Work order –
Reproduce the entries shown below only from the line with "unfolding ensure_winsock" down to the line with "let w₀ = ensure_winsock api w in", keeping both end lines and copying each one exactly.

=== Provided material ===

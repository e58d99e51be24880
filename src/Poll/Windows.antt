-- ===== src/Poll/Windows.antt =====
-- The windows waker of nwep/src/poll.rs: a datagram socket on the loopback address, connected to itself.
use nwep_rs.Base.{
  ℤ, ℕ, pos, ◌-◌, ◌^◌, Bool, true, not, Option, List, [], ◌∷◌, eq_ℤ, ◌==◌, if◌then◌else◌,
}
use nwep_rs.Poll.{IoResult, io_ok, io_err, drain_with}

-- `INVALID_SOCKET`, of 64 bits.
abbrev pub invalid_socket : ℕ
invalid_socket = 2 ^ 64 - 1

-- The calls of winsock, a parameter. An address of the loopback interface is its port.
pub record WinsockApi (W : Type 0) : Type 0 where
  pub wsa_startup : W → W
  pub socket : W → ℕ × W
  pub bind : ℕ → ℕ → W → ℤ × W
  pub getsockname : ℕ → W → (ℤ × ℕ) × W
  pub connect : ℕ → ℕ → W → ℤ × W
  pub ioctlsocket : ℕ → W → W
  pub send_byte : ℕ → W → W
  pub recv_bytes : ℕ → W → ℤ × W
  pub last_os_error : W → ℕ

-- The state with the sockets that are open, the last one first. `started` is the `Once`.
pub record Sockets (W : Type 0) : Type 0 where
  pub os : W
  pub open_sockets : List ℕ
  pub started : Bool

abbrev pub remove_socket : ℕ → List ℕ → List ℕ
remove_socket s [] = []
remove_socket s (x ∷ xs) = if x == s then xs else x ∷ remove_socket s xs

module _ {W : Type 0} where
  abbrev pub closesocket : ℕ → Sockets W → Sockets W
  closesocket s w = record w { open_sockets = remove_socket s w.open_sockets }

  -- An error of the operating system is read, the socket is closed, and the error is returned.
  abbrev pub give_up : (W → ℕ) → ℕ → Sockets W → IoResult ℕ × Sockets W
  give_up last_error s w = (io_err (last_error w.os), closesocket s w)

module _ {W : Type 0} (api : WinsockApi W) where
  -- `ensure_winsock`.
  unfoldable pub ensure_winsock : Sockets W → Sockets W
  ensure_winsock w = if w.started then w else record w { os = api.wsa_startup w.os; started = true }

  -- `new` from the connection on: `getsockname(…) != 0 || connect(…) != 0`.
  unfoldable pub connected : ℕ → Sockets W → IoResult ℕ × Sockets W
  connected s w =
      let (named, os₁) = api.getsockname s w.os in
      let (rc, port) = named in
      if not (eq_ℤ rc (pos 0))
      then give_up api.last_os_error s (record w { os = os₁ })
      else let (connect_rc, os₂) = api.connect s port os₁ in
        if not (eq_ℤ connect_rc (pos 0))
        then give_up api.last_os_error s (record w { os = os₂ })
        else (io_ok s, record w { os = api.ioctlsocket s os₂ })

  -- `new` from the binding on.
  unfoldable pub bound : ℕ → Sockets W → IoResult ℕ × Sockets W
  unfolding connected
  bound s w =
      let (rc, os₁) = api.bind s 0 w.os in
      if not (eq_ℤ rc (pos 0))
      then give_up api.last_os_error s (record w { os = os₁ })
      else connected s (record w { os = os₁ })

  -- `Waker::new`.
  unfoldable pub new : Sockets W → IoResult ℕ × Sockets W
  unfolding bound ensure_winsock
  new w =
      let w₀ = ensure_winsock w in
      let (s, os₁) = api.socket w₀.os in
      if s == invalid_socket
      then (io_err (api.last_os_error os₁), record w₀ { os = os₁ })
      else bound s (record w₀ { os = os₁; open_sockets = s ∷ w₀.open_sockets })

  -- `Waker::wake`.
  unfoldable pub wake : ℕ → Sockets W → Sockets W
  wake s w = record w { os = api.send_byte s w.os }

  -- `Waker::drain`, on the state of the operating system.
  unfoldable pub drain : ℕ → ℕ → W → Option W
  drain s fuel os = drain_with (api.recv_bytes s) fuel os

  -- `Drop for Waker`.
  unfoldable pub drop : ℕ → Sockets W → Sockets W
  drop s w = closesocket s w
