-- ===== src/Poll/Draining.antt =====
-- The wakers of nwep/src/poll.rs: the end of their draining loops, and the sockets of the windows one.
use nwep_rs.Base.{
  ℤ, ℕ, zero, suc, pos, ◌<◌, ◌≡◌, refl, ap, ◌∙◌, inl, inr, true, false, not, some, List, ◌∷◌, ◌==◌,
  eq_ℤ, arith, Bool-cases,
}
use nwep_rs.Poll.{IoResult, io_ok, io_err, reads, drain_with}
use nwep_rs.Poll.Windows.{
  WinsockApi, Sockets, invalid_socket, remove_socket, give_up, ensure_winsock, connected, bound,
  new,
}

-- A descriptor that does not block: what is pending for it shrinks with each read that reads
-- something, and a read that reads nothing finds nothing pending.
pub record NonBlocking {W : Type 0} (read : W → ℤ × W) : Type 0 where
  pub pending : W → ℕ
  pub shrinks : (w : W) → reads (read w).0 ≡ true → pending (read w).1 < pending w
  pub empties : (w : W) → reads (read w).0 ≡ false → pending (read w).1 ≡ 0

-- The draining loop of a waker on a descriptor that does not block ends, after one read more than
-- there are pending at most, and leaves nothing pending, so the next wait blocks again.
pub drain_with_ends :
    {W : Type 0} (read : W → ℤ × W) (b : NonBlocking read) (fuel : ℕ) (w : W)
    → b.pending w < fuel
    → (w' : W) × (drain_with read fuel w ≡ some w') × (b.pending w' ≡ 0)
unfolding drain_with
drain_with_ends read b zero w h = absurd (omega arith)
drain_with_ends read b (suc fuel) w h = elim (Bool-cases (reads (read w).0)) [
  | inl e ↦
      let (w', q, z) = drain_with_ends read b fuel (read w).1 (omega (arith, b.shrinks w e, h)) in
      (w', rw (drain_with, e) q, z)
  | inr e ↦ ((read w).1, rw (drain_with, e) refl, b.empties w e)
]

-- What an attempt left: with a waker, its socket is open beside the others; without one, no more
-- sockets are open than before.
pub data Made {W : Type 0} (before : List ℕ) : IoResult ℕ × Sockets W → Type 0 where
  made : {s : ℕ} {w : Sockets W} → w.open_sockets ≡ s ∷ before → Made before (io_ok s, w)
  failed : {e : ℕ} {w : Sockets W} → w.open_sockets ≡ before → Made before (io_err e, w)

remove_socket_self : (s : ℕ) (xs : List ℕ) → remove_socket s (s ∷ xs) ≡ xs
remove_socket_self s xs = ground arith

module _ {W : Type 0} (api : WinsockApi W) where
  give_up-Made :
      (xs : List ℕ) (s : ℕ) (w : Sockets W)
      → w.open_sockets ≡ s ∷ xs
      → Made xs (give_up api.last_os_error s w)
  give_up-Made xs s w e = failed (ap (remove_socket s) e ∙ remove_socket_self s xs)

  connected-Made :
      (xs : List ℕ) (s : ℕ) (w : Sockets W) → w.open_sockets ≡ s ∷ xs → Made xs (connected api s w)
  unfolding connected
  connected-Made xs s w e =
      let (named, os₁) = api.getsockname s w.os in
      elim (Bool-cases (not (eq_ℤ named.0 (pos 0)))) [
        | inl f ↦ rw (connected, f) (give_up-Made xs s (record w { os = os₁ }) e)
        | inr f ↦
            let (rc, os₂) = api.connect s named.1 os₁ in
            elim (Bool-cases (not (eq_ℤ rc (pos 0)))) [
              | inl g ↦ rw (connected, f, g) (give_up-Made xs s (record w { os = os₂ }) e)
              | inr g ↦ rw (connected, f, g) (made e)
            ]
      ]

  bound-Made :
      (xs : List ℕ) (s : ℕ) (w : Sockets W) → w.open_sockets ≡ s ∷ xs → Made xs (bound api s w)
  unfolding bound
  bound-Made xs s w e =
      let (rc, os₁) = api.bind s 0 w.os in
      elim (Bool-cases (not (eq_ℤ rc (pos 0)))) [
        | inl f ↦ rw (bound, f) (give_up-Made xs s (record w { os = os₁ }) e)
        | inr f ↦ rw (bound, f) (connected-Made xs s (record w { os = os₁ }) e)
      ]

  ensure_winsock-open : (w : Sockets W) → (ensure_winsock api w).open_sockets ≡ w.open_sockets
  unfolding ensure_winsock
  ensure_winsock-open w = ground arith

  -- Whichever call of winsock fails, `Waker::new` closes the socket that it opened, once; where it
  -- succeeds, its socket is the one that is open beside the others.
  pub new-Made : (w : Sockets W) → Made w.open_sockets (new api w)
  unfolding new
  new-Made w =
      let w₀ = ensure_winsock api w in
      let (s, os₁) = api.socket w₀.os in
      elim (Bool-cases (s == invalid_socket)) [
        | inl e ↦ rw (new, e) (failed (ensure_winsock-open w))
        | inr e ↦
            rw (new, e)
              (bound-Made w.open_sockets s
                (record w₀ { os = os₁; open_sockets = s ∷ w₀.open_sockets })
                (ap (◌∷◌ s) (ensure_winsock-open w)))
      ]
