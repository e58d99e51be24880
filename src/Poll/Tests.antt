-- ===== src/Poll/Tests.antt =====
-- Instances for nwep/src/poll.rs: a counter of pending wakes, and a winsock whose connection fails.
use nwep_rs.Base.{ℤ, ℕ, zero, suc, pos, neg, ◌<◌, ◌≡◌, refl, true, false, some, [], ◌∷◌, arith}
use nwep_rs.Poll.{drain_with, reads}
use nwep_rs.Poll.Windows.{WinsockApi, new}
use nwep_rs.Poll.Draining.{NonBlocking, drain_with_ends, Made, new-Made}

-- Each read takes one wake.
abbrev reads_one : ℕ → ℤ × ℕ
reads_one zero = (neg 1, 0)
reads_one (suc n) = (pos 1, n)

reads_one-NonBlocking : NonBlocking reads_one
reads_one-NonBlocking = record { pending = λ w. w; shrinks = shrinks; empties = empties }
  where
    shrinks : (w : ℕ) → reads (reads_one w).0 ≡ true → (reads_one w).1 < w
    shrinks zero h = cc
    shrinks (suc n) h = omega arith

    empties : (w : ℕ) → reads (reads_one w).0 ≡ false → (reads_one w).1 ≡ 0
    empties zero h = refl
    empties (suc n) h = cc

drain_with_ends_example :
    (w' : ℕ) × (drain_with reads_one 4 3 ≡ some w') × (reads_one-NonBlocking.pending w' ≡ 0)
unfolding reads_one-NonBlocking
drain_with_ends_example = drain_with_ends reads_one reads_one-NonBlocking 4 3 (omega arith)

abbrev unconnected : WinsockApi ℕ
unconnected = record {
  wsa_startup = λ w. w;
  socket = λ w. (7, w);
  bind = λ s port w. (pos 0, w);
  getsockname = λ s w. ((pos 0, 5000), w);
  connect = λ s port w. (neg 1, w);
  ioctlsocket = λ s w. w;
  send_byte = λ s w. w;
  recv_bytes = λ s w. (neg 1, w);
  last_os_error = λ w. 10061;
}

new-Made_example :
    Made (3 ∷ []) (new unconnected (record { os = 0; open_sockets = 3 ∷ []; started = false }))
new-Made_example = new-Made unconnected (record { os = 0; open_sockets = 3 ∷ []; started = false })
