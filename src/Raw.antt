-- ===== src/Raw.antt =====
-- nwep/src/raw.rs: the conversions between the handles of the C library, of 64 bits, and `RawSocket`, which
-- is an `i32` on unix and a `u64` on windows. A cast keeps the low bits and reads them again.
pub mod Descriptors
use nwep_rs.Base.{ℤ, ℕ, pos, negsuc, ◌-◌, ◌%◌, ◌^◌, ltb, if◌then◌else◌}

-- The bits of a signed number in a word of `w` bits, and the signed number of a word's bits.
abbrev pub to_bits : ℕ → ℤ → ℕ
to_bits w (pos n) = n % 2 ^ w
to_bits w (negsuc n) = 2 ^ w - 1 - n % 2 ^ w

abbrev pub of_bits : ℕ → ℕ → ℤ
of_bits w b = if ltb b (2 ^ (w - 1)) then pos b else negsuc (2 ^ w - 1 - b)

-- `from_c` and `to_c` on unix.
unfoldable pub from_c : ℤ → ℤ
from_c handle = of_bits 32 (to_bits 32 handle)

unfoldable pub to_c : ℤ → ℕ
to_c socket = to_bits 64 socket

-- `from_c` and `to_c` on windows.
unfoldable pub from_c_windows : ℤ → ℕ
from_c_windows handle = to_bits 64 handle

unfoldable pub to_c_windows : ℕ → ℕ
to_c_windows socket = socket % 2 ^ 64
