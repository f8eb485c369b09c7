-- ===== src/Program/Registering.antt =====
-- `register_transparent` of programs/mirror-pool-program: a successful registration is one step of the
-- round's life, and leaves a record of the participant's key.
use mathlib.Core.Path.{subst}
use mirror_pool.Prelude.{
  ℕ, ◌+◌, ◌<◌, ◌≡◌, true, not, List, [], ◌∷◌, Bytes, codes, bytes_eq, ok, refl, sym, ◌∙◌, ap,
  >>=-eq-ok, ok-injective, guarded, supplied, checked_add, checked_add-some, u32_mod, some,
}
use mirror_pool.Program.Runtime.{
  Pubkey, PoolAccount, RoundAccount, ParticipantRecord, AccountInfo, Bank, Host, next_account_info,
  require_signer, require_owned, read_account, write_account, create_pda_account,
}
use mirror_pool.Prelude.{◌⊎◌, inl, inr, bytes_decide}
use mirror_pool.Program.Handlers.{
  refuses_registration, register_transparent, register_checked, write_registered, count_participant,
  is_transparent,
}
use mirror_pool.Program.Conditions.{registration_conditions, signer_conditions}
use mirror_pool.Program.Opening.{expected_key}
use mirror_pool.Program.Effects.{
  RoundTrips, next_account_info-ok, require_owned-ok, read_account-local, write_account-ok,
}
use mirror_pool.Program.Life.{Step, registered}

abbrev participant : AccountInfo → Bytes → ℕ → ParticipantRecord
participant round_info key bump = record {
  version = 1;
  bump = bump;
  round = round_info.key;
  coordination_key = key;
}

module _ (h : Host) (rounds_law : RoundTrips h.rounds)
    (participants_law : RoundTrips h.participants) where
  write_registered-ok :
      (b : Bank) (round_info record_info : AccountInfo) (pool : PoolAccount) (r : RoundAccount)
      (key : Bytes) (bump : ℕ) {b' : Bank}
      → write_registered h b round_info record_info pool r key bump ≡ ok b'
      → (r.accepted_count + 1 < u32_mod)
        × (read_account h.rounds b' round_info
            ≡ ok (count_participant pool r (r.accepted_count + 1)))
        × ((record_info.key ≡ round_info.key)
            ⊎ (read_account h.participants b' record_info ≡ ok (participant round_info key bump)))
  unfolding write_registered
  write_registered-ok b round_info record_info pool r key bump {b'} e =
      let (n, add, e₁) = supplied (checked_add u32_mod r.accepted_count 1) _ _ e in
      let (b₂, record_written, round_written) =
        >>=-eq-ok (write_account h.participants b record_info (participant round_info key bump)) _
          e₁ in
      let (fits, n_is) = checked_add-some u32_mod r.accepted_count 1 add in
      let round_effect = write_account-ok h.rounds rounds_law b₂ round_info _ round_written in
      let record_effect =
        write_account-ok h.participants participants_law b record_info _ record_written in
      (
        fits,
        round_effect.reads ∙ ap (λ (n : ℕ). ok (count_participant pool r n)) n_is,
        elim (bytes_decide record_info.key round_info.key) [
          | inl same ↦ inl same
          | inr ne ↦ inr (
              read_account-local h.participants b₂ b' record_info
                (round_effect.others record_info.key ne)
              ∙ record_effect.reads)
        ],
      )

  -- What a successful registration has established and done.
  pub record Registration (b b' : Bank) (program_id : Pubkey)
      (pool_info round_info record_info : AccountInfo) (pool : PoolAccount) (r : RoundAccount)
      (key : Bytes) (bump now : ℕ) : Type 0 where
    pub transparent : is_transparent pool.backend ≡ true
    pub of_pool : r.pool ≡ pool_info.key
    pub derived :
        h.create_program_address
          (codes "participant" ∷ round_info.key ∷ key ∷ (bump ∷ []) ∷ [])
          program_id
        ≡ some record_info.key
    pub timely : now < r.registration_deadline
    pub counted :
        read_account h.rounds b' round_info ≡ ok (count_participant pool r (r.accepted_count + 1))
    pub one_step : Step r (count_participant pool r (r.accepted_count + 1))
    pub recorded :
        (record_info.key ≡ round_info.key)
        ⊎ (read_account h.participants b' record_info ≡ ok (participant round_info key bump))

  register_checked-Registration :
      (b : Bank) (program_id : Pubkey)
      (payer pool_info round_info record_info system_info : AccountInfo) (pool : PoolAccount)
      (r : RoundAccount) (key : Bytes) (bump now : ℕ) {b' : Bank}
      → h.clock_slot ≡ ok now
      → register_checked h b program_id payer pool_info round_info record_info system_info pool r
          key bump
        ≡ ok b'
      → Registration b b' program_id pool_info round_info record_info pool r key bump now
  unfolding register_checked
  register_checked-Registration b program_id payer pool_info round_info record_info system_info pool
        r key bump now clock e =
      let seeds : List Bytes = codes "participant" ∷ round_info.key ∷ key ∷ (bump ∷ []) ∷ [] in
      let (slot, clock', e₁) = >>=-eq-ok h.clock_slot _ e in
      let (passed, e₂) = guarded (refuses_registration pool r pool_info.key slot) _ _ e₁ in
      let (expected, derived, e₃) = supplied (h.create_program_address seeds program_id) _ _ e₂ in
      let (same, e₄) = guarded (not (bytes_eq expected record_info.key)) _ _ e₃ in
      let (b₁, _, written) =
        >>=-eq-ok (create_pda_account h b payer record_info system_info program_id 96 seeds) _ e₄ in
      let (transparent, of_pool, takes, early, room) =
        registration_conditions pool r pool_info.key slot passed in
      let (fits, counted, recorded) =
        write_registered-ok b₁ round_info record_info pool r key bump written in
      record {
        transparent = transparent;
        of_pool = of_pool;
        derived = derived ∙ ap some (expected_key expected record_info.key same);
        timely = subst (λ n. n < r.registration_deadline) (ok-injective (sym clock' ∙ clock)) early;
        counted = counted;
        one_step = registered pool takes room fits refl;
        recorded = recorded;
      }

  -- Where `register_transparent` succeeds, its first account signed; the pool in the second and the
  -- round in the third belong to the program, the pool is transparent, and the round is one of its
  -- rounds, with its deadline ahead. The round has made one step of its life: one more participant,
  -- with the threshold reached if the minimum is met. The fourth account is the program address of
  -- the round, the key and the bump; unless it is the round's own account, it holds the record of the
  -- key. borsh is assumed to read rounds and records back.
  pub register-Registration :
      (b : Bank) (program_id : Pubkey) (accounts : List AccountInfo) (key : Bytes) (bump now : ℕ)
      {b' : Bank}
      → h.clock_slot ≡ ok now
      → register_transparent h b program_id accounts key bump ≡ ok b'
      → (payer : AccountInfo) × (pool_info : AccountInfo) × (round_info : AccountInfo)
        × (record_info : AccountInfo) × (system_info : AccountInfo) × (rest : List AccountInfo)
        × (pool : PoolAccount) × (r : RoundAccount) × (accounts
            ≡ payer ∷ pool_info ∷ round_info ∷ record_info ∷ system_info ∷ rest)
        × (payer.is_signer ≡ true)
        × ((b pool_info.key).owner ≡ program_id)
        × ((b round_info.key).owner ≡ program_id)
        × (read_account h.pools b pool_info ≡ ok pool)
        × (read_account h.rounds b round_info ≡ ok r)
        × Registration b b' program_id pool_info round_info record_info pool r key bump now
  unfolding register_transparent
  register-Registration b program_id accounts key bump now clock e =
      let ((payer, rest), first, e₁) = >>=-eq-ok (next_account_info accounts) _ e in
      let ((pool_info, rest₁), second, e₂) = >>=-eq-ok (next_account_info rest) _ e₁ in
      let ((round_info, rest₂), third, e₃) = >>=-eq-ok (next_account_info rest₁) _ e₂ in
      let ((record_info, rest₃), fourth, e₄) = >>=-eq-ok (next_account_info rest₂) _ e₃ in
      let ((system_info, left), fifth, e₅) = >>=-eq-ok (next_account_info rest₃) _ e₄ in
      let (_, signs, e₆) = >>=-eq-ok (require_signer payer) _ e₅ in
      let (_, pool_owned, e₇) = >>=-eq-ok (require_owned b pool_info program_id) _ e₆ in
      let (_, round_owned, e₈) = >>=-eq-ok (require_owned b round_info program_id) _ e₇ in
      let (pool, pool_read, e₉) = >>=-eq-ok (read_account h.pools b pool_info) _ e₈ in
      let (r, round_read, e₁₀) = >>=-eq-ok (read_account h.rounds b round_info) _ e₉ in
      (
        payer,
        pool_info,
        round_info,
        record_info,
        system_info,
        left,
        pool,
        r,
        next_account_info-ok accounts first
            ∙ ap (◌∷◌ payer) (
                next_account_info-ok rest second
                ∙ ap (◌∷◌ pool_info) (
                    next_account_info-ok rest₁ third
                    ∙ ap (◌∷◌ round_info) (
                        next_account_info-ok rest₂ fourth
                        ∙ ap (◌∷◌ record_info) (next_account_info-ok rest₃ fifth)))),
        signer_conditions payer signs,
        require_owned-ok b pool_info program_id pool_owned,
        require_owned-ok b round_info program_id round_owned,
        pool_read,
        round_read,
        register_checked-Registration b program_id payer pool_info round_info record_info
            system_info pool r key bump now clock e₁₀,
      )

===

Solution for this problem –
  unfolding ensure_winsock
  ensure_winsock-open w = ground arith

  -- Whichever call of winsock fails, `Waker::new` closes the socket that it opened, once; where it
  -- succeeds, its socket is the one that is open beside the others.
  pub new-Made : (w : Sockets W) → Made w.open_sockets (new api w)
  unfolding new
  new-Made w =
      let w₀ = ensure_winsock api w in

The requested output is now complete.